The data:
%%
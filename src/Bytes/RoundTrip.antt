-- ===== src/Bytes/RoundTrip.antt =====
-- Reading back what `to_bytes` and `uint_to_bytes` write.
use native.Mathlib.Nat.{pow-suc, pow-le-pow_right, div-div-eq-div-mul, div-eq_of_lt}
use native.Mathlib.Decide.{dec_lt}
use native.Mathlib.Numerals.{towards_suc}
use filecoin_porep_market_to.Prelude.{
  ℕ, zero, suc, ◌+◌, ◌*◌, ◌/◌, ◌%◌, ◌^◌, ◌≤◌, ◌<◌, ◌≡◌, refl, ap, ◌∙◌, none, some, List, [], ◌∷◌,
  ok, err, arith, length, All, ◌⊎◌, inl, inr,
}
use filecoin_porep_market_to.Prelude.Int.{pos}
use filecoin_porep_market_to.Prelude.BitLength.{bit_length, bit_length_bounds, lt_of_pow_lt}
use filecoin_porep_market_to.Bytes.{
  big_endian, from_bytes, minimal_size, uint_to_bytes, overflow, invalid_size,
}

length-big_endian : (size x : ℕ) → length (big_endian size x) ≡ size
unfolding big_endian
length-big_endian zero x = refl
length-big_endian (suc size) x = ap suc (length-big_endian size x)

big_endian-All : (size x : ℕ) → All (λ b. b < 256) (big_endian size x)
unfolding big_endian
big_endian-All zero x = tt
big_endian-All (suc size) x = (omega arith, big_endian-All size x)

next_byte : (q acc : ℕ) → q / 256 ≡ acc → q ≡ acc * 256 + q % 256
next_byte q acc h = omega arith

-- The bytes stand for the number below 256 ^ size.
from_bytes-big_endian :
    (size x acc : ℕ) → x / 256 ^ size ≡ acc → from_bytes acc (big_endian size x) ≡ x
unfolding big_endian from_bytes
from_bytes-big_endian zero x acc h = omega arith
from_bytes-big_endian (suc size) x acc h =
    from_bytes-big_endian size x (acc * 256 + x / 256 ^ size % 256)
      (next_byte (x / 256 ^ size) acc (h' ∙ h))
  where
    h' : x / 256 ^ size / 256 ≡ x / 256 ^ suc size
    h' = rw (pow-suc 256 size) (div-div-eq-div-mul x (256 ^ size) 256)

big_endian-from_bytes : (size x : ℕ) → x < 256 ^ size → from_bytes 0 (big_endian size x) ≡ x
big_endian-from_bytes size x h = from_bytes-big_endian size x 0 (div-eq_of_lt h)

pow_256 : (k : ℕ) → 256 ^ k ≡ 2 ^ (k * 8)
pow_256 zero = refl
pow_256 (suc k) =
    let e : suc k * 8 ≡ k * 8 + 8 = omega arith in
    rw (pow-suc 256 k, e, pow_256 k) (simp towards_suc (omega arith))

pow_seven : (k : ℕ) → 2 ^ (k + 7) ≡ 128 * 2 ^ k
pow_seven k = simp towards_suc (omega arith)

two_pos : 0 < 2
two_pos = omega arith

-- The size that the source takes has room for the number, and one byte less has not.
minimal_size_bounds :
    (x : ℕ)
    → 0 < x
    → (0 < minimal_size x) × (x < 256 ^ minimal_size x) × (256 ^ minimal_size x ≤ 256 * x)
minimal_size_bounds x h =
    let k = bit_length x in
    let bounds = bit_length_bounds x h in
    let long : 0 < k = lt_of_pow_lt 0 k (omega arith) in
    let size = minimal_size x in
    let room = pow-le-pow_right two_pos {i = k} {j = size * 8} (omega arith) in
    let tight = pow-le-pow_right two_pos {i = size * 8} {j = k + 7} (omega arith) in
    (omega arith, omega (arith, pow_256 size), omega (arith, pow_256 size, pow_seven k))

-- What a list of bytes for a number is: every byte below 256, and read back as the number.
abbrev pub Stands : List ℕ → ℕ → Type 0
Stands bytes x = All (λ b. b < 256) bytes × (from_bytes 0 bytes ≡ x)

-- A number that is not negative is written by `uint_to_bytes` as bytes that read back as it. With
-- no size given, it always is, in the fewest bytes: one for zero, and otherwise so many that one
-- less has no room for it.
pub from_bytes-uint_to_bytes :
    (x : ℕ)
    → (bytes : List ℕ) × (uint_to_bytes (pos x) none ≡ ok bytes)
      × Stands bytes x
      × (0 < length bytes)
      × (((x ≡ 0) × (length bytes ≡ 1)) ⊎ (256 ^ length bytes ≤ 256 * x))
unfolding uint_to_bytes from_bytes
from_bytes-uint_to_bytes zero =
    (0 ∷ [], refl, ((omega arith, tt), refl), omega arith, inl (refl, refl))
from_bytes-uint_to_bytes (suc y) =
    let x = suc y in
    let (some_bytes, room, fewest) = minimal_size_bounds x (omega arith) in
    let n = length-big_endian (minimal_size x) x in
    (
      big_endian (minimal_size x) x,
      ground arith,
      (big_endian-All (minimal_size x) x, big_endian-from_bytes (minimal_size x) x room),
      rw n some_bytes,
      inr (rw n fewest),
    )

-- With a size given, the number is written in that many bytes exactly if the size is positive and
-- it has room for the number; otherwise `uint_to_bytes` raises.
pub uint_to_bytes_size :
    (x size : ℕ)
    → ((0 < size)
        × (x < 256 ^ size)
        × (bytes : List ℕ) × (uint_to_bytes (pos x) (some size) ≡ ok bytes)
        × Stands bytes x
        × (length bytes ≡ size))
      ⊎ ((size ≡ 0) × (uint_to_bytes (pos x) (some size) ≡ err invalid_size))
      ⊎ ((256 ^ size ≤ x) × (uint_to_bytes (pos x) (some size) ≡ err overflow))
unfolding uint_to_bytes
uint_to_bytes_size x zero = inr (inl (refl, refl))
uint_to_bytes_size x (suc k) = elim (dec_lt x (256 ^ suc k)) [
  | yes room ↦ inl (
    omega arith,
    room,
    big_endian (suc k) x,
    ground arith,
    (big_endian-All (suc k) x, big_endian-from_bytes (suc k) x room),
    length-big_endian (suc k) x,
  )
  | no large ↦ inr (inr (omega arith, ground arith))
]
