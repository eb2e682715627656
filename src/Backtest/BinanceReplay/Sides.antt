-- ===== src/Backtest/BinanceReplay/Sides.antt =====
-- The made-up orders of the two sides.
use nano_trade.Base.{
  ℕ, ◌+◌, ◌<◌, ◌≤◌, ◌≡◌, ◌≢◌, ◌⊎◌, inl, inr, refl, sym, ap, subst₂, update_self, ◌∙◌, subst, arith,
  true, false, not, ◌||◌, Bool-cases, update,
}
use mathlib.Core.Bool.{true≢false}
use nano_trade.Base.Int.{ℤ, eqb_ℤ}
use nano_trade.Common.Types.{me_max_order_ids, price_invalid, to_u64}
use nano_trade.Exchange.Messages.{MeMarketUpdate, MdpMarketUpdate}
use nano_trade.Backtest.Stream.{
  is_change, Live, after, IsStream, final, next_num, IsStream-snoc, final-snoc, next_num-snoc,
  no_orders,
}
use nano_trade.Backtest.BinanceReplay.{
  BinanceReplay, max_oid, push, oid_after, cancel_bid, add_bid, cancel_ask, add_ask,
}

abbrev pub live : BinanceReplay → Live
live s = final no_orders s.emitted

pub record IsSent (s : BinanceReplay) : Type 0 where
  pub stream : IsStream is_change 1 no_orders s.emitted
  pub number : next_num 1 s.emitted ≡ s.seq_num

module _ (s : BinanceReplay) (u : MeMarketUpdate) where
  pub push-live : live (push s u) ≡ after (live s) u
  unfolding push
  push-live = final-snoc no_orders s.emitted (record { seq_num = s.seq_num; me_market_update = u })

  pub push-IsSent :
      IsSent s
      → u.order_id < me_max_order_ids
      → (not (is_change u.type) || live s u.order_id) ≡ true
      → IsSent (push s u)
  unfolding push
  push-IsSent v h l =
      let m : MdpMarketUpdate = record { seq_num = s.seq_num; me_market_update = u } in
      record {
        stream = IsStream-snoc is_change 1 no_orders s.emitted m v.stream (sym v.number, h, l, tt);
        number = next_num-snoc 1 s.emitted m ∙ ap (λ n. to_u64 (n + 1)) v.number;
      }

-- A side that has been quoted has a live order, whose number has been given out.
abbrev pub IsOpen : Live → (next_oid : ℕ) → (best : ℤ) (oid : ℕ) → Type 0
IsOpen f next_oid best oid = (eqb_ℤ best price_invalid ≡ true) ⊎ ((f oid ≡ true) × (oid < next_oid))

pub record IsSided (s : BinanceReplay) : Type 0 where
  pub sent : IsSent s
  pub bid : IsOpen (live s) s.next_oid s.best_bid s.bid_oid
  pub ask : IsOpen (live s) s.next_oid s.best_ask s.ask_oid
  pub apart :
      (eqb_ℤ s.best_bid price_invalid ≡ true)
      ⊎ ((eqb_ℤ s.best_ask price_invalid ≡ true) ⊎ (s.bid_oid ≢ s.ask_oid))

-- The order of the bid has gone.
pub record NoBid (n : ℕ) (s : BinanceReplay) : Type 0 where
  pub sent : IsSent s
  pub ask : IsOpen (live s) s.next_oid s.best_ask s.ask_oid
  pub next : s.next_oid ≡ n

pub record NoAsk (n : ℕ) (s : BinanceReplay) : Type 0 where
  pub sent : IsSent s
  pub bid : IsOpen (live s) s.next_oid s.best_bid s.bid_oid
  pub next : s.next_oid ≡ n

off-stays : (f : Live) (o k : ℕ) → k ≢ o → f k ≡ true → update f o false k ≡ true
off-stays f o k n l = ground (arith, n, l)

on-stays : (f : Live) (o k : ℕ) → f k ≡ true → update f o true k ≡ true
on-stays f o k l = ground (arith, l)

module _ (f : Live) (next oid o : ℕ) (best : ℤ) where
  cancelled-IsOpen :
      IsOpen f next best oid
      → (eqb_ℤ best price_invalid ≡ true) ⊎ (oid ≢ o)
      → IsOpen (update f o false) next best oid
  cancelled-IsOpen (inl e) a = inl e
  cancelled-IsOpen (inr (l, b)) (inl e) = inl e
  cancelled-IsOpen (inr (l, b)) (inr n) = inr (off-stays f o oid n l, b)

  added-IsOpen : IsOpen f next best oid → IsOpen (update f o true) (next + 1) best oid
  added-IsOpen (inl e) = inl e
  added-IsOpen (inr (l, b)) = inr (on-stays f o oid l, omega (arith, b))

module _ (s : BinanceReplay) (v : IsSided s) (room : s.next_oid < max_oid) where
  pub cancel_bid-NoBid : NoBid s.next_oid (cancel_bid s)
  unfolding cancel_bid push
  cancel_bid-NoBid = elim (Bool-cases (eqb_ℤ s.best_bid price_invalid)) [
    | inl e ↦ rw e (record { sent = v.sent; ask = v.ask; next = refl })
    | inr e ↦ elim v.bid [
      | inl c ↦ absurd (true≢false (sym c ∙ e))
      | inr (l, b) ↦ rw e (record {
        sent = push-IsSent s _ v.sent (omega (arith, b, room)) l;
        ask =
            subst (λ f. IsOpen f s.next_oid s.best_ask s.ask_oid) (sym (push-live s _))
              (cancelled-IsOpen (live s) s.next_oid s.ask_oid s.bid_oid s.best_ask v.ask
                (ask_apart e v.apart));
        next = refl;
      })
    ]
  ]
    where
      ask_apart :
          eqb_ℤ s.best_bid price_invalid ≡ false
          → (eqb_ℤ s.best_bid price_invalid ≡ true)
            ⊎ ((eqb_ℤ s.best_ask price_invalid ≡ true) ⊎ (s.bid_oid ≢ s.ask_oid))
          → (eqb_ℤ s.best_ask price_invalid ≡ true) ⊎ (s.ask_oid ≢ s.bid_oid)
      ask_apart e (inl c) = absurd (true≢false (sym c ∙ e))
      ask_apart e (inr (inl c)) = inl c
      ask_apart e (inr (inr n)) = inr (λ q. n (sym q))

  pub cancel_ask-NoAsk : NoAsk s.next_oid (cancel_ask s)
  unfolding cancel_ask push
  cancel_ask-NoAsk = elim (Bool-cases (eqb_ℤ s.best_ask price_invalid)) [
    | inl e ↦ rw e (record { sent = v.sent; bid = v.bid; next = refl })
    | inr e ↦ elim v.ask [
      | inl c ↦ absurd (true≢false (sym c ∙ e))
      | inr (l, b) ↦ rw e (record {
        sent = push-IsSent s _ v.sent (omega (arith, b, room)) l;
        bid =
            subst (λ f. IsOpen f s.next_oid s.best_bid s.bid_oid) (sym (push-live s _))
              (cancelled-IsOpen (live s) s.next_oid s.bid_oid s.ask_oid s.best_bid v.bid
                (bid_apart e v.apart));
        next = refl;
      })
    ]
  ]
    where
      bid_apart :
          eqb_ℤ s.best_ask price_invalid ≡ false
          → (eqb_ℤ s.best_bid price_invalid ≡ true)
            ⊎ ((eqb_ℤ s.best_ask price_invalid ≡ true) ⊎ (s.bid_oid ≢ s.ask_oid))
          → (eqb_ℤ s.best_bid price_invalid ≡ true) ⊎ (s.bid_oid ≢ s.ask_oid)
      bid_apart e (inl c) = inl c
      bid_apart e (inr (inl c)) = absurd (true≢false (sym c ∙ e))
      bid_apart e (inr (inr n)) = inr n

-- At most one number has been given out since there were `n`.
pub record IsMoved (n : ℕ) (s : BinanceReplay) : Type 0 where
  pub sided : IsSided s
  pub next : s.next_oid ≤ n + 1

oid_after-next : (n : ℕ) → n < max_oid → oid_after n ≡ n + 1
unfolding oid_after
oid_after-next n h = ground (arith, h)

IsOpen-apart :
    (f : Live) (next : ℕ) (best : ℤ) (oid : ℕ)
    → IsOpen f next best oid
    → (eqb_ℤ best price_invalid ≡ true) ⊎ (oid ≢ next)
IsOpen-apart f next best oid (inl e) = inl e
IsOpen-apart f next best oid (inr (l, b)) = inr (λ q. omega (arith, q, b))

module _ (n : ℕ) (s : BinanceReplay) (price : ℤ) (room : n < max_oid) where
  pub add_bid-IsMoved : NoBid n s → IsMoved n (add_bid s price)
  unfolding add_bid push
  add_bid-IsMoved v =
      let next : oid_after s.next_oid ≡ s.next_oid + 1 =
        oid_after-next s.next_oid (omega (arith, v.next, room)) in
      record {
        sided = record {
          sent =
              push-IsSent
                (record s {
                  bid_oid = s.next_oid;
                  next_oid = oid_after s.next_oid;
                  best_bid = price;
                })
                _ (record { stream = v.sent.stream; number = v.sent.number })
                (omega (arith, v.next, room)) refl;
          bid = inr (
            ap (λ f. f s.next_oid) (push-live s _) ∙ update_self (live s) s.next_oid true,
            omega (arith, next),
          );
          ask =
              subst₂ (λ f m. IsOpen f m s.best_ask s.ask_oid) (sym (push-live s _)) (sym next)
                (added-IsOpen (live s) s.next_oid s.ask_oid s.next_oid s.best_ask v.ask);
          apart = elim (IsOpen-apart (live s) s.next_oid s.best_ask s.ask_oid v.ask) [
            | inl e ↦ inr (inl e)
            | inr q ↦ inr (inr (λ e. q (sym e)))
          ];
        };
        next = omega (arith, next, v.next);
      }

  pub add_ask-IsMoved : NoAsk n s → IsMoved n (add_ask s price)
  unfolding add_ask push
  add_ask-IsMoved v =
      let next : oid_after s.next_oid ≡ s.next_oid + 1 =
        oid_after-next s.next_oid (omega (arith, v.next, room)) in
      record {
        sided = record {
          sent =
              push-IsSent
                (record s {
                  ask_oid = s.next_oid;
                  next_oid = oid_after s.next_oid;
                  best_ask = price;
                })
                _ (record { stream = v.sent.stream; number = v.sent.number })
                (omega (arith, v.next, room)) refl;
          ask = inr (
            ap (λ f. f s.next_oid) (push-live s _) ∙ update_self (live s) s.next_oid true,
            omega (arith, next),
          );
          bid =
              subst₂ (λ f m. IsOpen f m s.best_bid s.bid_oid) (sym (push-live s _)) (sym next)
                (added-IsOpen (live s) s.next_oid s.bid_oid s.next_oid s.best_bid v.bid);
          apart = elim (IsOpen-apart (live s) s.next_oid s.best_bid s.bid_oid v.bid) [
            | inl e ↦ inl e
            | inr q ↦ inr (inr q)
          ];
        };
        next = omega (arith, next, v.next);
      }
%%
Find the line with "big_endian-All : (size" in the entries above. Retype it and each line after it, exactly, through the line with "h' = rw (pow-suc", and stop there.

Answer area:
big_endian-All : (size x : ℕ) → All (λ b. b < 256) (big_endian size x)
unfolding big_endian
big_endian-All zero x = tt
big_endian-All (suc size) x = (omega arith, big_endian-All size x)

next_byte : (q acc : ℕ) → q / 256 ≡ acc → q ≡ acc * 256 + q % 256
next_byte q acc h = omega arith

-- The bytes stand for the number below 256 ^ size.
from_bytes-big_endian :
    (size x acc : ℕ) → x / 256 ^ size ≡ acc → from_bytes acc (big_endian size x) ≡ x
unfolding big_endian from_bytes
from_bytes-big_endian zero x acc h = omega arith
from_bytes-big_endian (suc size) x acc h =
    from_bytes-big_endian size x (acc * 256 + x / 256 ^ size % 256)
      (next_byte (x / 256 ^ size) acc (h' ∙ h))
  where
    h' : x / 256 ^ size / 256 ≡ x / 256 ^ suc size
    h' = rw (pow-suc 256 size) (div-div-eq-div-mul x (256 ^ size) 256)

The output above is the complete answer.